FIG. 1 is a diagram showing spectral characteristics.

 ──────────────────────────────────────────────────続 き Continued on the front page (72) Inventor Minoru Tanaka 3-13-10 Nishigaoka, Kita-ku, Tokyo Tokyo Metropolitan Industrial Research Institute (72) Fumiko Rikui 3-13-10 Nishigaoka, Kita-ku, Tokyo Tokyo Metropolitan Sangyo 4G062 AA01 BB03 CC01 DA06 DA07 DB02 DB03 DD01 DD02 DD03 DE01 DE02 DF01 EA01 EB02 EB03 EB04 EC01 EC02 EC03 EC04 ED02 ED03 EE03 EE04 EF01 EF02 EG01 FA01 FA10 FF01 FC01 FF01 FB02 FB01 FB01 FB02 FB01 FJ01 FK01 FL01 GA01 GB03 GB04 GC01 GD01 GE01 HH01 HH03 HH04 HH05 HH07 HH08 HH09 HH10 HH11 HH12 HH13 HH15 HH17 HH20 JJ01 JJ03 JJ05 JJ06 JJ07 JJ10 KK01 KK03 KK05 NN07 NN10

Claims (6)

[Claims] 1. A method for producing a soda-lime glass or a potassium-based glass in which silica sand, soda ash or potassium carbonate and limestone are blended and melted as raw materials, wherein the raw material for the silica sand, soda ash or potassium carbonate and limestone is weighed. To 100 parts with anorthite (CaO.Al ₂ O ₃ .2)

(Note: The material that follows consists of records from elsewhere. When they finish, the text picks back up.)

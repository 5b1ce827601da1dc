-- ===== src/Redact/Words/Split.antt =====
-- Any text as words between blanks, for `redact_free_text` (fix_monitor/src/redact.cpp).
use fix_mon.Prelude.{
  ℕ, ◌≡◌, refl, ap, ◌∙◌, inl, inr, true, false, List, [], ◌∷◌, Bytes, if◌then◌else◌, Free, arith,
  Bool-cases,
}
use fix_mon.Redact.Keys.{is_space}
use fix_mon.Redact.Prose.{redact_free_text}
use fix_mon.Redact.Words.{
  StopsAt, Word, encode, is_text, IsWord, Separated, scrub_words, redact-encode,
}

abbrev Words : Type 0
Words = List Word × Bytes

add_blank : ℕ → Words → Words
add_blank c ([], tail) = ([], c ∷ tail)
add_blank c (w ∷ ws, tail) = (record w { gap = c ∷ w.gap } ∷ ws, tail)

-- onto the word, if no blank stands before it
add_onto : ℕ → Bytes → Bytes → List Word → List Word
add_onto c [] token ws = record { gap = []; token = c ∷ token } ∷ ws
add_onto c (g ∷ gap) token ws =
    record { gap = []; token = c ∷ [] } ∷ record { gap = g ∷ gap; token = token } ∷ ws

add_text : ℕ → Words → Words
add_text c ([], tail) = (record { gap = []; token = c ∷ [] } ∷ [], tail)
add_text c (w ∷ ws, tail) = (add_onto c w.gap w.token ws, tail)

abbrev Splits : Bytes → Words → Type 0
Splits text (ws, tail) = (text ≡ encode ws tail) × Separated ws tail

is_text_of : (c : ℕ) → is_space c ≡ true → is_text c ≡ false
is_text_of c h = rw h

space_of_not_text : (c : ℕ) → is_text c ≡ false → is_space c ≡ true
space_of_not_text c h = ground arith

stops_tail : (tail : Bytes) → Free is_text tail → StopsAt is_space tail
stops_tail [] f = tt
stops_tail (c ∷ cs) f = space_of_not_text c f.0

add_blank-Splits :
    (c : ℕ) (text : Bytes) (p : Words)
    → is_space c ≡ true
    → Splits text p
    → Splits (c ∷ text) (add_blank c p)
unfolding add_blank
add_blank-Splits c text ([], tail) s (e, k) = (ap (λ l. c ∷ l) e, (is_text_of c s, k))
add_blank-Splits c text (w ∷ ws, tail) s (e, (k, stop, more)) = (
  ap (λ l. c ∷ l) e,
  (
    record { blanks = (is_text_of c s, k.blanks); not_empty = k.not_empty; no_blank = k.no_blank },
    stop,
    more,
  ),
)

single : (c : ℕ) → is_space c ≡ false → IsWord (record { gap = []; token = c ∷ [] })
single c s = record { blanks = tt; not_empty = λ e. cc; no_blank = (s, tt) }

add_onto-Splits :
    (c : ℕ) (text gap token : Bytes) (ws : List Word) (tail : Bytes)
    → is_space c ≡ false
    → Splits text (record { gap = gap; token = token } ∷ ws, tail)
    → Splits (c ∷ text) (add_onto c gap token ws, tail)
unfolding add_onto
add_onto-Splits c text [] token ws tail s (e, (k, stop, more)) = (
  ap (λ l. c ∷ l) e,
  (record { blanks = tt; not_empty = λ e. cc; no_blank = (s, k.no_blank) }, stop, more),
)
add_onto-Splits c text (g ∷ gap) token ws tail s (e, (k, stop, more)) =
    (ap (λ l. c ∷ l) e, (single c s, space_of_not_text g k.blanks.0, (k, stop, more)))

add_text-Splits :
    (c : ℕ) (text : Bytes) (p : Words)
    → is_space c ≡ false
    → Splits text p
    → Splits (c ∷ text) (add_text c p)
unfolding add_text
add_text-Splits c text ([], tail) s (e, k) = (ap (λ l. c ∷ l) e, (single c s, stops_tail tail k, k))
add_text-Splits c text (w ∷ ws, tail) s h = add_onto-Splits c text w.gap w.token ws tail s h

split_words : Bytes → Words
split_words [] = ([], [])
split_words (c ∷ cs) =
    let rest = split_words cs in if is_space c then add_blank c rest else add_text c rest

split_words-Splits : (text : Bytes) → Splits text (split_words text)
unfolding split_words
split_words-Splits [] = (refl, tt)
split_words-Splits (c ∷ cs) = elim (Bool-cases (is_space c)) [
  | inl e ↦ rw (e, Splits) (add_blank-Splits c cs (split_words cs) e (split_words-Splits cs))
  | inr e ↦ rw (e, Splits) (add_text-Splits c cs (split_words cs) e (split_words-Splits cs))
]

-- Every text is words between blanks, and comes back with the same blanks and as many tokens, each
-- written as `judge` has it from the token itself and the window that the tokens before it leave.
pub redact_free_text_words :
    (text : Bytes)
    → (ws : List Word) × (tail : Bytes) × (text ≡ encode ws tail)
      × Separated ws tail
      × (redact_free_text text ≡ encode (scrub_words 0 ws) tail)
redact_free_text_words text =
    let (ws, tail) = split_words text in
    let (e, k) = split_words-Splits text in
    (ws, tail, e, k, ap redact_free_text e ∙ redact-encode ws tail k)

SiO ₂ ), anhydrous gypsum (CaSO ₄ ), gypsum dihydrate (Ca
SO ₄ .2H ₂ O), magnetite (Fe ₃ O ₄ ), quartz (S
iO ₂ ), cristobalite (SiO ₂ ), and when its main composition is converted as an oxide, SiO ₂ : 40 to
55 _{wt%, Al} 2 O 3: _14~19 wt%, Na
₂ O: 1 to 5 _wt%, K 2 O: _0~3 wt%, CaO:
6-12 wt%, MgO: 2 to 7 _wt%, Fe _{2 O} 3:
8-13 _wt%, SO 3: to 1 to 100 parts at a weight of Miyake Island ash containing 2-15% by weight, perforated and melted in a reducing atmosphere, excellent heat ray absorbing property, which comprises forming A method for producing glass that has been defoamed and colored blue. 2. The method according to claim 1, wherein 1 to 5 parts by weight of the Miyakejima volcanic ash is blended and colored in light blue. Manufacturing method of glass. 3. The method according to claim 1, wherein 6 to 15 parts by weight of the Miyakejima volcanic ash is blended and colored in blue. Glass manufacturing method. 4. The method according to claim 1, wherein 16 to 40 parts by weight of the Miyakejima volcanic ash are blended and colored blue-green.

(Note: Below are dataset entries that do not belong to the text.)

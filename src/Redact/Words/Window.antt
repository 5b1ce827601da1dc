-- ===== src/Redact/Words/Window.antt =====
-- The window behind a credential word in `redact_free_text` (fix_monitor/src/redact.cpp).
use fix_mon.Prelude.{
  ℕ, zero, suc, ◌<◌, ◌≡◌, ap, ◌∙◌, Bool, true, false, none, List, [], ◌∷◌, ◌++◌, All, Bytes, length,
  is_empty, arith,
}
use fix_mon.Redact.Keys.{redacted, fold, is_stop_word, strip_punct, is_sensitive_key}
use fix_mon.Redact.Prose.{
  redact_free_text, assigned_at, judge, plain_token, in_window, window, keep,
}
use fix_mon.Redact.Words.{Word, encode, Separated, scrub_words, redact-encode}

-- a token that is a credential word, such as "password" or "(User:"
pub record IsNoun (w : Word) : Type 0 where
  pub not_assigned : assigned_at w.token ≡ none
  pub named : is_empty (strip_punct w.token) ≡ false
  pub sensitive : is_sensitive_key (strip_punct w.token) ≡ true

-- a token that is neither such a word nor punctuation; a connector is a stop word, a value is not
pub record IsOther (stop : Bool) (w : Word) : Type 0 where
  pub not_assigned : assigned_at w.token ≡ none
  pub named : is_empty (strip_punct w.token) ≡ false
  pub harmless : is_sensitive_key (strip_punct w.token) ≡ false
  pub stops : is_stop_word (fold (strip_punct w.token)) ≡ stop

judge-IsNoun : (pending : ℕ) (w : Word) → IsNoun w → judge pending w.token ≡ keep w.token window
unfolding judge plain_token
judge-IsNoun pending w n = rw (n.not_assigned, judge, n.named, n.sensitive)

judge-connector :
    (left : ℕ) (w : Word) → IsOther true w → judge (suc left) w.token ≡ keep w.token left
unfolding judge plain_token in_window
judge-connector left w o = rw (o.not_assigned, judge, o.named, o.harmless, o.stops)

judge-value :
    (left : ℕ) (w : Word)
    → IsOther false w
    → judge (suc left) w.token ≡ record { written = redacted; changes = true; pending = 0 }
unfolding judge plain_token in_window
judge-value left w o = rw (o.not_assigned, judge, o.named, o.harmless, o.stops)

scrub-connectors :
    (connectors : List Word) (pending : ℕ) (value : Word) (rest : List Word)
    → length connectors < pending
    → All (IsOther true) connectors
    → IsOther false value
    → scrub_words pending (connectors ++ value ∷ rest)
      ≡ connectors ++ record value { token = redacted } ∷ scrub_words 0 rest
scrub-connectors cs zero value rest h a o = elim h [ ]
scrub-connectors [] (suc left) value rest h a o = rw (judge-value left value o)
scrub-connectors (c ∷ cs) (suc left) value rest h a o =
    rw (judge-connector left c a.0)
      (ap (λ l. c ∷ l) (scrub-connectors cs left value rest (omega arith) a.1 o))

-- A credential word, fewer than four connectors ("password rejected for"), and a value: the value
-- is written as <redacted>, the words before it stay as they are, and what follows is read afresh.
pub redact_free_text_value :
    (noun : Word) (connectors : List Word) (value : Word) (rest : List Word) (tail : Bytes)
    → length connectors < 4
    → IsNoun noun
    → All (IsOther true) connectors
    → IsOther false value
    → Separated (noun ∷ (connectors ++ value ∷ rest)) tail
    → redact_free_text (encode (noun ∷ (connectors ++ value ∷ rest)) tail)
      ≡ encode (noun ∷ (connectors ++ record value { token = redacted } ∷ scrub_words 0 rest)) tail
redact_free_text_value noun connectors value rest tail h n a o k =
    redact-encode (noun ∷ (connectors ++ value ∷ rest)) tail k
    ∙ rw (judge-IsNoun 0 noun n, scrub-connectors connectors window value rest h a o)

4. The method for producing a glass which has excellent heat ray absorbability and has been defoamed and colored blue. 5. A dark green color, wherein 41 to 70 parts by weight of the Miyakejima volcanic ash are blended.
4. The method for producing a glass which has excellent heat ray absorbability and has been defoamed and colored blue. 6. The Miyakejima volcanic ash is weighted by 71-100.
2. The method of claim 1, wherein the glass is colored in a dark green color close to black.